* What is needed *
Give back an exact copy of the lines in the records below, from the line that has "filename src/Bytes.antt" through the line that has "abbrev pub bytes_lt : Bytes → Bytes → Bool", and nothing besides.

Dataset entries
____

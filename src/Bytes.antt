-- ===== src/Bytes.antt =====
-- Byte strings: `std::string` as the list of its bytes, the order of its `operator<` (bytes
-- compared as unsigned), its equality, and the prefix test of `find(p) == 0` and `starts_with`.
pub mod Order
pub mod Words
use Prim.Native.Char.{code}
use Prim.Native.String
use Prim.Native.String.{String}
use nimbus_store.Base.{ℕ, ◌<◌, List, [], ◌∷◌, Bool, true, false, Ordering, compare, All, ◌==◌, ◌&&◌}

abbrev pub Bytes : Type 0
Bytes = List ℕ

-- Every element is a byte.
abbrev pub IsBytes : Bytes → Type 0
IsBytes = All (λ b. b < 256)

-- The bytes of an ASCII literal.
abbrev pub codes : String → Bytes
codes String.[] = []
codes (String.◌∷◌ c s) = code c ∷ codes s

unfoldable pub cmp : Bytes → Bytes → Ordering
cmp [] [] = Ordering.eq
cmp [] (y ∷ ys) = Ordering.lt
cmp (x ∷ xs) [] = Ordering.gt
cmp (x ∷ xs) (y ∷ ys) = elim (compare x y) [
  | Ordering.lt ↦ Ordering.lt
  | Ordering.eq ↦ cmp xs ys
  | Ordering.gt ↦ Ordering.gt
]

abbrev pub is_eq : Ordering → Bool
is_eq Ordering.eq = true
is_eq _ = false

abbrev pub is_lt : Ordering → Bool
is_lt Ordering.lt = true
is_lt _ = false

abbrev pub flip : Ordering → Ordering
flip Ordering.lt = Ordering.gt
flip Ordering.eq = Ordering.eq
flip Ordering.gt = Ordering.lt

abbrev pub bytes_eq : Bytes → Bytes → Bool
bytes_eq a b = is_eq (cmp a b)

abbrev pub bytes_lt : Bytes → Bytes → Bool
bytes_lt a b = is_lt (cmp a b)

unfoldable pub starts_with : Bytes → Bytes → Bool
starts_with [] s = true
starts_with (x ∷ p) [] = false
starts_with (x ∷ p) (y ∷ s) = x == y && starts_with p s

____

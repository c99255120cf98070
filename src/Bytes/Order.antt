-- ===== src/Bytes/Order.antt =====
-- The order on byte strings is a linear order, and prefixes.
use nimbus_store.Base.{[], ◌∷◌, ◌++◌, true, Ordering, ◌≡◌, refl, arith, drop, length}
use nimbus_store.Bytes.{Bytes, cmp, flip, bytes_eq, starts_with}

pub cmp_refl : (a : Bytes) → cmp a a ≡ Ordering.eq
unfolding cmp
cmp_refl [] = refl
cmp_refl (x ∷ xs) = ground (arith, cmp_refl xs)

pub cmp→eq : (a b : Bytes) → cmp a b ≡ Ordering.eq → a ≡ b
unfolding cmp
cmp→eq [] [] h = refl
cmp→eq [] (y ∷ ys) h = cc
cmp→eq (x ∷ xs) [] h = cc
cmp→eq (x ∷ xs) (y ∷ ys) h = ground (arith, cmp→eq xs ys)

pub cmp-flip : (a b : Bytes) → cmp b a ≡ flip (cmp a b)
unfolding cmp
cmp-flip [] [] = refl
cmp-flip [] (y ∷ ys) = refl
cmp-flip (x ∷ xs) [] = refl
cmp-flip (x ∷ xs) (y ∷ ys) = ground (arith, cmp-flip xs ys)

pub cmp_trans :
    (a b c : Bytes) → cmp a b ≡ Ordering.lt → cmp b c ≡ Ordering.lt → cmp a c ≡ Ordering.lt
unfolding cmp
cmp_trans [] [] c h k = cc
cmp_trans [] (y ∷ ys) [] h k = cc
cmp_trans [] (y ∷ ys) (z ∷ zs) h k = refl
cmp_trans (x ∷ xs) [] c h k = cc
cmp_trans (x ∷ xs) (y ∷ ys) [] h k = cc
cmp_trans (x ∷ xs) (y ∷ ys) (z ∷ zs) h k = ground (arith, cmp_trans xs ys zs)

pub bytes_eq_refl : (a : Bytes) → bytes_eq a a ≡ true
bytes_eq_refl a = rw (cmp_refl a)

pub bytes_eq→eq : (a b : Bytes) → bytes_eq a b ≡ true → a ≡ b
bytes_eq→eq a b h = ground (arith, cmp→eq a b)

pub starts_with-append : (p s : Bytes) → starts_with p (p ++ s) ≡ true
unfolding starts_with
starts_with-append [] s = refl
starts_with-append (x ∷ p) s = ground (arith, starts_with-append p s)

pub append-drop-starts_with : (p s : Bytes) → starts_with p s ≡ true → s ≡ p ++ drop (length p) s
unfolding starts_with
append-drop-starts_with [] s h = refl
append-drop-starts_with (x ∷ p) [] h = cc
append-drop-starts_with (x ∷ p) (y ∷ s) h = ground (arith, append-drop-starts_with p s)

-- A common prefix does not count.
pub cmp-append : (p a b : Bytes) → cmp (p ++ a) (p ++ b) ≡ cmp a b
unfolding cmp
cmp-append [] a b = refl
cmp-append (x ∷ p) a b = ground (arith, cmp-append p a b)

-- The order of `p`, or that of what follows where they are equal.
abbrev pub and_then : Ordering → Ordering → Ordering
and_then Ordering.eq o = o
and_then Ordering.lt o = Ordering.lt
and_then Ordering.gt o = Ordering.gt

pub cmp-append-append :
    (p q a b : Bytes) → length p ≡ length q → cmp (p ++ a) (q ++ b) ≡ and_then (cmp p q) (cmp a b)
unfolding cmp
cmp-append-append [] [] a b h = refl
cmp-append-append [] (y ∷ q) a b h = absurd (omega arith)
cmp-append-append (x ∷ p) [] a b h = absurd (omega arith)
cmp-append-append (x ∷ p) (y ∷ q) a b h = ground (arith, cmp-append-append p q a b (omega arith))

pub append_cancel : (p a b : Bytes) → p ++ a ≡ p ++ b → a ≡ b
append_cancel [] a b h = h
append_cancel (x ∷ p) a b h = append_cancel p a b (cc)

____

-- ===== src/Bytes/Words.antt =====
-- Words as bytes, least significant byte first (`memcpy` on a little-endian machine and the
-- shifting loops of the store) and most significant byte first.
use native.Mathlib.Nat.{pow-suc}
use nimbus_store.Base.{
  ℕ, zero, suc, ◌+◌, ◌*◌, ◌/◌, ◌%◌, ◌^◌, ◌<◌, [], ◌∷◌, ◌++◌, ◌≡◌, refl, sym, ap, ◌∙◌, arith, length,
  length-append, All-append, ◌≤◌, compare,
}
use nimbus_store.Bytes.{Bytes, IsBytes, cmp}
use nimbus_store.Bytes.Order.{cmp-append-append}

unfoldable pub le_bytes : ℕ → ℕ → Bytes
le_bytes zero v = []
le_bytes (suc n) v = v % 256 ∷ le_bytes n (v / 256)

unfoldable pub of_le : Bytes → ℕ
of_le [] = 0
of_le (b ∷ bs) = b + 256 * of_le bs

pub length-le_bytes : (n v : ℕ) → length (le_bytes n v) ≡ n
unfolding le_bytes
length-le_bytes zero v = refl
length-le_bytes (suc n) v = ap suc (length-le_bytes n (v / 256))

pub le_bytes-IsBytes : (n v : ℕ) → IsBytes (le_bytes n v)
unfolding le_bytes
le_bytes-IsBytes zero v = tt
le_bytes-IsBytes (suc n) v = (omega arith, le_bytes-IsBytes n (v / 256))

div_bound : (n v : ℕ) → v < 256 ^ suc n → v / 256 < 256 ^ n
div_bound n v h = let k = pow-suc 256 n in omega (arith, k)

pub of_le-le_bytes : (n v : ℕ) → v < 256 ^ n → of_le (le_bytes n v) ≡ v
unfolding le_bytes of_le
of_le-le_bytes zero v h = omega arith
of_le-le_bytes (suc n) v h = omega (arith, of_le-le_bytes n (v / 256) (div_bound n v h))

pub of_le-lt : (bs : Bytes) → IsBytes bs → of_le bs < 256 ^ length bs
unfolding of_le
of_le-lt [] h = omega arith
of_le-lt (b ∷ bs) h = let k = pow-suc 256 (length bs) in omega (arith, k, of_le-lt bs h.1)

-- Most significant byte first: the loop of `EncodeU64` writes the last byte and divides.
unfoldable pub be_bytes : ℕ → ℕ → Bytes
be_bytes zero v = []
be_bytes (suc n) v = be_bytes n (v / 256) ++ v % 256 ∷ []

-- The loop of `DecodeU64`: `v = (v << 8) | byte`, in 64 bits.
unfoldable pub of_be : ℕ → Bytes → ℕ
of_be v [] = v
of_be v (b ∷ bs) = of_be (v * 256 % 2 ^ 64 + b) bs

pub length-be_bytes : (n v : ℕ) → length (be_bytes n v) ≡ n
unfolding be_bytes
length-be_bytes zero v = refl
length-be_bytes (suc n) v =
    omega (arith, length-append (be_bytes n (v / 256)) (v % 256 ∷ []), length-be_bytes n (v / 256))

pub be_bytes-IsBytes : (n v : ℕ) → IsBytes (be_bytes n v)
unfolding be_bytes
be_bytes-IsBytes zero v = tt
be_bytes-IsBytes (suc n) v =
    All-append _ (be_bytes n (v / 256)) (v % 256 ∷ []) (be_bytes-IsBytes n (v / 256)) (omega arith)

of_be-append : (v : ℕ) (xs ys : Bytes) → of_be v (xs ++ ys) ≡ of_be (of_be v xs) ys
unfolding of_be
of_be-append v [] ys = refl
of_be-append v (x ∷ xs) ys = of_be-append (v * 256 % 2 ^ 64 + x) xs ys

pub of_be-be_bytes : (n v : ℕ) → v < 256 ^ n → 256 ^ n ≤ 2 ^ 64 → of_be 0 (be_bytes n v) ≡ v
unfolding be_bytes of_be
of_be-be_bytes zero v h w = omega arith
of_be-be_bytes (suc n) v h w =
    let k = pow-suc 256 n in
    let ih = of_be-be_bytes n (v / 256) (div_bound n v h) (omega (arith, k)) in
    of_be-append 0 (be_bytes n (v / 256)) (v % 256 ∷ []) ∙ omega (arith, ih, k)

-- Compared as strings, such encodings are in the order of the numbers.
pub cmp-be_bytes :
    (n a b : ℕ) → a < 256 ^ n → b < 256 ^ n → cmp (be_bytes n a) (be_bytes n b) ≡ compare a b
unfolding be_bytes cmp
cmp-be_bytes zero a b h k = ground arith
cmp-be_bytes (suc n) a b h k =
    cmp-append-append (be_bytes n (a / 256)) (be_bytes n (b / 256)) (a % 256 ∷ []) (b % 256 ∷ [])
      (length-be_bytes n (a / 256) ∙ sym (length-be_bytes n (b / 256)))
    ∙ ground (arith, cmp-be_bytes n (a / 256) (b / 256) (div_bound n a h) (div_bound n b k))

____

* Response for this exercise *
filename src/Bytes.antt
-- ===== src/Bytes.antt =====
-- Byte strings: `std::string` as the list of its bytes, the order of its `operator<` (bytes
-- compared as unsigned), its equality, and the prefix test of `find(p) == 0` and `starts_with`.
pub mod Order
pub mod Words
use Prim.Native.Char.{code}
use Prim.Native.String
use Prim.Native.String.{String}
use nimbus_store.Base.{ℕ, ◌<◌, List, [], ◌∷◌, Bool, true, false, Ordering, compare, All, ◌==◌, ◌&&◌}

abbrev pub Bytes : Type 0
Bytes = List ℕ

-- Every element is a byte.
abbrev pub IsBytes : Bytes → Type 0
IsBytes = All (λ b. b < 256)

-- The bytes of an ASCII literal.
abbrev pub codes : String → Bytes
codes String.[] = []
codes (String.◌∷◌ c s) = code c ∷ codes s

unfoldable pub cmp : Bytes → Bytes → Ordering
cmp [] [] = Ordering.eq
cmp [] (y ∷ ys) = Ordering.lt
cmp (x ∷ xs) [] = Ordering.gt
cmp (x ∷ xs) (y ∷ ys) = elim (compare x y) [
  | Ordering.lt ↦ Ordering.lt
  | Ordering.eq ↦ cmp xs ys
  | Ordering.gt ↦ Ordering.gt
]

abbrev pub is_eq : Ordering → Bool
is_eq Ordering.eq = true
is_eq _ = false

abbrev pub is_lt : Ordering → Bool
is_lt Ordering.lt = true
is_lt _ = false

abbrev pub flip : Ordering → Ordering
flip Ordering.lt = Ordering.gt
flip Ordering.eq = Ordering.eq
flip Ordering.gt = Ordering.lt

abbrev pub bytes_eq : Bytes → Bytes → Bool
bytes_eq a b = is_eq (cmp a b)

abbrev pub bytes_lt : Bytes → Bytes → Bool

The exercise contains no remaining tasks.